-- ===== src/Tests/Api.antt =====
-- The theorems about hub-attestation and hub-api at a concrete server.
use agentenv_skills_hub.Api.Handlers.{HeaderMap}
use agentenv_skills_hub.Common.{
  if◌then◌else◌, [], ◌∷◌, ok, ◌≡◌, refl, ◌↔◌, true, false, List, ℕ, ◌++◌, none, some,
}
use agentenv_skills_hub.Tests.Storage.{outside, repeat, digest, storage_code}
use agentenv_skills_hub.Tests.Fixtures.{crates, publisher_auth, request}
use agentenv_skills_hub.Index.Postgres.Lookup.{lookup_version}
use agentenv_skills_hub.Attestation.Laws.{verify_ed25519_iff, IsSigned}
use agentenv_skills_hub.Common.Text.{Text, bytes, text_eq, text}
use agentenv_skills_hub.Index.Postgres.{version_row, new_record, skill_row}
use agentenv_skills_hub.Api.State.Published.{publish-HasDigest, HasDigest}
use agentenv_skills_hub.Core.Service.{published, publish}
use agentenv_skills_hub.Tests.Index.{empty_db-IsWellFormed, empty_db, calm_session, index_code}
use agentenv_skills_hub.Api.State.{
  enqueue, trust_message, verify_trust, verify_artifact, fetch_from, runtime_service,
  fetch_verified, RuntimeWebhookQueue, RuntimeArtifactStore, Runtime,
}
use agentenv_skills_hub.Index.Tables.{Db}
use agentenv_skills_hub.Attestation.{verify_ed25519, Signing}
use agentenv_skills_hub.Core.Model.{null, PublishSkillRequest, public}

-- The key is written `bb`; every signature of 64 bytes passes.
abbrev signing : Signing
signing = record {
  VerifyingKey = List ℕ;
  decode = λ t. if text_eq t (text "bb") then ok (repeat 32 7) else ok (repeat 64 9);
  from_bytes = λ b. ok b;
  verify = λ key message signature. true;
  from_str = λ t. ok null;
}

verify_ed25519_iff_example :
    (verify_ed25519 signing (text "bb") (text "aa") (1 ∷ []) ≡ ok tt)
    ↔ IsSigned signing (text "bb") (text "aa") (1 ∷ [])
verify_ed25519_iff_example = verify_ed25519_iff signing (text "bb") (text "aa") (1 ∷ [])

abbrev pub runtime : Runtime
runtime = record {
  crates = crates;
  outside = outside;
  signing = signing;
  storage_text = λ e. [];
  attestation_text = λ e. [];
  to_vec = λ m. ok (bytes m.name);
  value_text = λ v. [];
}

abbrev pub store : RuntimeArtifactStore
store = record { s3 = none; oci = none }

abbrev pub signed_request : PublishSkillRequest
signed_request = record request { artifact = record request.artifact { digest = digest } }

unfoldable pub api_code : Unit {0}
unfolding index_code storage_code fetch_verified fetch_from verify_artifact verify_trust
    trust_message verify_ed25519 enqueue
api_code = tt

abbrev pub empty_queue : RuntimeWebhookQueue
empty_queue = record { events = []; is_poisoned = false }

abbrev pub full_queue : RuntimeWebhookQueue
full_queue = record empty_queue {
  events =
      published (text "acme") (text "ann") (new_record calm_session (text "acme") signed_request)
      ∷ [];
}

abbrev pub published_db : Db
published_db = record {
  skills = skill_row calm_session (text "acme") public signed_request ∷ [];
  skill_versions = version_row calm_session 1 (text "ann") signed_request ∷ [];
}

server_run :
    publish crates
      (runtime_service runtime calm_session store false)
      publisher_auth
      (text "acme")
      public
      signed_request
      (empty_db, empty_queue)
    ≡ (ok (new_record calm_session (text "acme") signed_request), (published_db, full_queue))
unfolding api_code
server_run = refl

publish-HasDigest_example :
    ((bs : List ℕ) × (fetch_verified runtime store signed_request.artifact ≡ ok bs)
      × HasDigest runtime store signed_request.artifact bs)
    × ((new_record calm_session (text "acme") signed_request).digest
        ≡ signed_request.artifact.digest)
    × (lookup_version
          (text "acme")
          signed_request.manifest.name
          signed_request.manifest.version
          published_db
        ≡ some (new_record calm_session (text "acme") signed_request))
    × ((subject : Text) × (publisher_auth.subject ≡ some subject)
        × (full_queue.events
            ≡ empty_queue.events
              ++ published
                  (text "acme")
                  subject
                  (new_record calm_session (text "acme") signed_request)
                ∷ []))
publish-HasDigest_example =
    publish-HasDigest runtime calm_session store false publisher_auth (text "acme") public
      signed_request empty_db published_db empty_queue full_queue
      (new_record calm_session (text "acme") signed_request) empty_db-IsWellFormed (λ d. refl)
      server_run

trust_run : verify_trust runtime signed_request ≡ ok tt
unfolding api_code
trust_run = refl

abbrev pub headers : HeaderMap
headers name =
    if text_eq name (text "x-agentenv-scopes") then some (ok (text "skills:publish")) else none

pub no_subject : headers (text "x-agentenv-subject") ≡ none
unfolding text_eq
no_subject = refl
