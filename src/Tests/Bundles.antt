-- ===== src/Tests/Bundles.antt =====
-- The theorem about Sigstore bundles at a concrete bundle.
use agentenv_skills_hub.Index.Json.{get_field}
use agentenv_skills_hub.Attestation.{
  contains_key, sigstore_bundle_media_type, verify_sigstore_bundle, Signing,
}
use agentenv_skills_hub.Tests.Api.{runtime}
use agentenv_skills_hub.Attestation.Bundles.{IsBundle, verify_sigstore_bundle_iff}
use agentenv_skills_hub.Core.Model.{object, field, string, null, end}
use agentenv_skills_hub.Common.Text.{text_eq, contains, text}
use agentenv_skills_hub.Common.{◌↔◌, ◌≡◌, ok, refl}

-- Every text is read as a bundle that has the fields, and nothing in them.
abbrev empty_bundles : Signing
empty_bundles = record runtime.signing {
  from_str = λ t. ok (
      object (
        field (text "mediaType") (string sigstore_bundle_media_type)
          (field (text "verificationMaterial") null (field (text "messageSignature") null end))));
}

verify_sigstore_bundle_iff_example :
    (verify_sigstore_bundle empty_bundles (text "{}") ≡ ok tt) ↔ IsBundle empty_bundles (text "{}")
verify_sigstore_bundle_iff_example = verify_sigstore_bundle_iff empty_bundles (text "{}")

empty_bundle_run : verify_sigstore_bundle empty_bundles (text "{}") ≡ ok tt
unfolding verify_sigstore_bundle contains contains_key get_field text_eq
empty_bundle_run = refl
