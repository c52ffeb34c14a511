-- ===== src/Tests/Core.antt =====
-- The theorems about hub-core at concrete inputs.
use agentenv_skills_hub.Common.{◌≡◌, refl, true, false, [], ◌∷◌, ok, err, All, arith, List}
use agentenv_skills_hub.Common.Text.{Text, text, split, is_ascii_alphabetic}
use agentenv_skills_hub.Core.Auth
use agentenv_skills_hub.Core.Auth.{
  anonymous, can_publish, can_yank, can_manage_webhooks, can_read, has_role,
}
use agentenv_skills_hub.Core.Auth.Access.{access_decisions, decide}
use agentenv_skills_hub.Core.Error.{HubError}
use agentenv_skills_hub.Core.Model.{reader, public, private, publisher, admin}
use agentenv_skills_hub.Core.Service.{WebhookEvent, published, publish}
use agentenv_skills_hub.Core.Service.Publish.{publish-ok, IsAdmitted}
use agentenv_skills_hub.Core.Validation.{
  validate_namespace, validate_skill_name, validate_skill_path, has_windows_drive_prefix,
}
use agentenv_skills_hub.Core.Validation.Paths.{
  checked_path, validate_skill_path-eq-checked_path, normal_parts,
}
use agentenv_skills_hub.Core.Validation.Safety.{
  IsSafePart, validate_skill_path-IsSafePart, drive_prefix_survives,
}
use agentenv_skills_hub.Tests.Fixtures.{
  core_code, crates, request, service, stored_record, role_pairs, publisher_auth,
}

validate_skill_path-eq-checked_path_example :
    validate_skill_path (text "docs//./a.md") ≡ checked_path (text "docs//./a.md")
validate_skill_path-eq-checked_path_example =
    validate_skill_path-eq-checked_path (text "docs//./a.md")

validate_skill_path_run : validate_skill_path (text "docs//./a.md") ≡ ok (text "docs/a.md")
unfolding core_code
validate_skill_path_run = refl

validate_skill_path-IsSafePart_example :
    (split b'/' (text "docs/a.md") ≡ normal_parts (split b'/' (text "docs//./a.md")))
    × All IsSafePart (split b'/' (text "docs/a.md"))
validate_skill_path-IsSafePart_example =
    validate_skill_path-IsSafePart (text "docs//./a.md") (text "docs/a.md") validate_skill_path_run

letter_c : is_ascii_alphabetic b'C' ≡ true
unfolding is_ascii_alphabetic
letter_c = refl

drive_prefix_survives_example :
    (validate_skill_path (text "./C:x") ≡ ok (text "C:x"))
    × (has_windows_drive_prefix (text "C:x") ≡ true)
drive_prefix_survives_example =
    drive_prefix_survives b'C' (text "x") letter_c (omega arith) (omega arith)

skill_name_run : validate_skill_name (text "a_b") ≡ ok tt
unfolding core_code
skill_name_run = refl

namespace_run : validate_namespace (text "a_b") ≡ ok tt
unfolding core_code
namespace_run = refl

abbrev only_publish : List Text
only_publish = text "skills:publish" ∷ []

access_decisions_example :
    (can_publish (Auth.new (text "ann") only_publish role_pairs) (text "acme")
      ≡ decide
          (text "skills:publish")
          (text "publish")
          (publisher ∷ admin ∷ [])
          (text "acme")
          only_publish
          role_pairs)
    × (can_yank (Auth.new (text "ann") only_publish role_pairs) (text "acme")
        ≡ decide
            (text "skills:yank")
            (text "yank")
            (publisher ∷ admin ∷ [])
            (text "acme")
            only_publish
            role_pairs)
    × (can_manage_webhooks (Auth.new (text "ann") only_publish role_pairs) (text "acme")
        ≡ decide
            (text "webhooks:admin")
            (text "manage_webhooks")
            (admin ∷ [])
            (text "acme")
            only_publish
            role_pairs)
    × (can_read (Auth.new (text "ann") only_publish role_pairs) private (text "acme")
        ≡ decide
            (text "skills:read")
            (text "read")
            (reader ∷ publisher ∷ admin ∷ [])
            (text "acme")
            only_publish
            role_pairs)
access_decisions_example =
    access_decisions (text "acme") (text "ann") only_publish role_pairs private

abbrev queued : List WebhookEvent
queued = published (text "acme") (text "ann") stored_record ∷ []

publish_run :
    publish crates (service true) publisher_auth (text "acme") public request (0, [])
    ≡ (ok stored_record, (1, queued))
unfolding core_code
publish_run = refl

publish-ok_example :
    (subject : Text) × IsAdmitted crates
      (service true)
      publisher_auth
      (text "acme")
      public
      request
      subject
    × ((service true).repo.insert_version (text "acme") public subject request 0
        ≡ (ok stored_record, 1))
    × ((service true).webhook_queue.enqueue (published (text "acme") subject stored_record) []
        ≡ (ok tt, queued))
publish-ok_example =
    publish-ok crates (service true) publisher_auth (text "acme") public request 0 1 [] queued
      stored_record publish_run

broken_run :
    publish crates (service false) publisher_auth (text "acme") public request (0, [])
    ≡ (err (HubError.database (text "down")), (1, []))
unfolding core_code
broken_run = refl
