-- ===== src/Webhooks.antt =====
-- crates/hub-webhooks. The crates serde_json and hmac are parameters.
pub mod Laws
use agentenv_skills_hub.Storage.Digest.{hex}
use agentenv_skills_hub.Common.Text.{bytes, Text, text}
use agentenv_skills_hub.Common.{
  ok_or, map_err, List, Option, Result, ℕ, ok, err, none, some, ◌>>=◌, ◌++◌, ◌^◌, min, ◌%◌,
}
use agentenv_skills_hub.Core.Model.{OffsetDateTime, Uuid, Value, null, string, object, field, end}

pub data WebhookError : Type 0 where
  render : (source : Text) → WebhookError
  invalid_signing_secret : WebhookError

abbrev pub WebhookResult : Type 0 → Type 0
WebhookResult A = Result WebhookError A

pub data WebhookKind : Type 0 where
  generic slack discord matrix : WebhookKind

pub record WebhookEvent : Type 0 where
  pub event_type : Text
  pub namespace : Text
  pub skill : Text
  pub version : Option Text
  pub actor : Option Text

pub record WebhookDelivery : Type 0 where
  pub id : Uuid
  pub kind : WebhookKind
  pub event : WebhookEvent
  pub payload : Text
  pub attempts : ℕ
  pub next_attempt_at : Option OffsetDateTime
  pub last_error : Option Text

-- The four texts that `format!` makes.
abbrev pub summary : WebhookEvent → Option Text → Option Text → Text
summary event (some version) (some actor) =
    event.event_type
    ++ (text ": "
        ++ (event.namespace
            ++ (text "/" ++ (event.skill ++ (text "@" ++ (version ++ (text " by " ++ actor)))))))
summary event (some version) none =
    event.event_type
    ++ (text ": " ++ (event.namespace ++ (text "/" ++ (event.skill ++ (text "@" ++ version)))))
summary event none (some actor) =
    event.event_type
    ++ (text ": " ++ (event.namespace ++ (text "/" ++ (event.skill ++ (text " by " ++ actor)))))
summary event none none =
    event.event_type ++ (text ": " ++ (event.namespace ++ (text "/" ++ event.skill)))

unfoldable pub event_summary : WebhookEvent → Text
event_summary event = summary event event.version event.actor

abbrev optional : Option Text → Value
optional none = null
optional (some s) = string s

unfoldable pub payload : WebhookKind → WebhookEvent → Value
unfolding event_summary
payload generic event = object (
    field (text "event") (string event.event_type) (
      field (text "namespace") (string event.namespace) (
        field (text "skill") (string event.skill) (
          field (text "version") (optional event.version)
            (field (text "actor") (optional event.actor) end)))))
payload slack event = object (field (text "text") (string (event_summary event)) end)
payload discord event = object (field (text "content") (string (event_summary event)) end)
payload matrix event = object (
    field (text "msgtype") (string (text "m.notice"))
      (field (text "body") (string (event_summary event)) end))

module _ (to_string : Value → Result Text Text) where
  unfoldable pub render_payload : WebhookKind → WebhookEvent → WebhookResult Text
  unfolding payload
  render_payload kind event = map_err render (to_string (payload kind event))

-- A secret as the key of a MAC, and the MAC of bytes.
pub record Hmac : Type 1 where
  pub Key : Type 0
  pub new_from_slice : List ℕ → Option Key
  pub finalize : Key → List ℕ → List ℕ

module _ (hmac : Hmac) where
  unfoldable pub sign_payload : Text → List ℕ → WebhookResult Text
  unfolding bytes hex
  sign_payload secret payload = do
    mac ← ok_or invalid_signing_secret (hmac.new_from_slice (bytes secret))
    ok (text "sha256=" ++ hex (hmac.finalize mac payload))

-- The delay in seconds, a `u64`.
unfoldable pub retry_delay : ℕ → ℕ
retry_delay attempts = 2 ^ min attempts 6 % 2 ^ 64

**Problem to work on:** All lines from the start of the entries through the line where "signing = record" sits should be duplicated exactly, with nothing else in the output.

**Response:**
-- ===== src/Tests/Api.antt =====
-- The theorems about hub-attestation and hub-api at a concrete server.
use agentenv_skills_hub.Api.Handlers.{HeaderMap}
use agentenv_skills_hub.Common.{
  if◌then◌else◌, [], ◌∷◌, ok, ◌≡◌, refl, ◌↔◌, true, false, List, ℕ, ◌++◌, none, some,
}
use agentenv_skills_hub.Tests.Storage.{outside, repeat, digest, storage_code}
use agentenv_skills_hub.Tests.Fixtures.{crates, publisher_auth, request}
use agentenv_skills_hub.Index.Postgres.Lookup.{lookup_version}
use agentenv_skills_hub.Attestation.Laws.{verify_ed25519_iff, IsSigned}
use agentenv_skills_hub.Common.Text.{Text, bytes, text_eq, text}
use agentenv_skills_hub.Index.Postgres.{version_row, new_record, skill_row}
use agentenv_skills_hub.Api.State.Published.{publish-HasDigest, HasDigest}
use agentenv_skills_hub.Core.Service.{published, publish}
use agentenv_skills_hub.Tests.Index.{empty_db-IsWellFormed, empty_db, calm_session, index_code}
use agentenv_skills_hub.Api.State.{
  enqueue, trust_message, verify_trust, verify_artifact, fetch_from, runtime_service,
  fetch_verified, RuntimeWebhookQueue, RuntimeArtifactStore, Runtime,
}
use agentenv_skills_hub.Index.Tables.{Db}
use agentenv_skills_hub.Attestation.{verify_ed25519, Signing}
use agentenv_skills_hub.Core.Model.{null, PublishSkillRequest, public}

-- The key is written `bb`; every signature of 64 bytes passes.
abbrev signing : Signing
signing = record {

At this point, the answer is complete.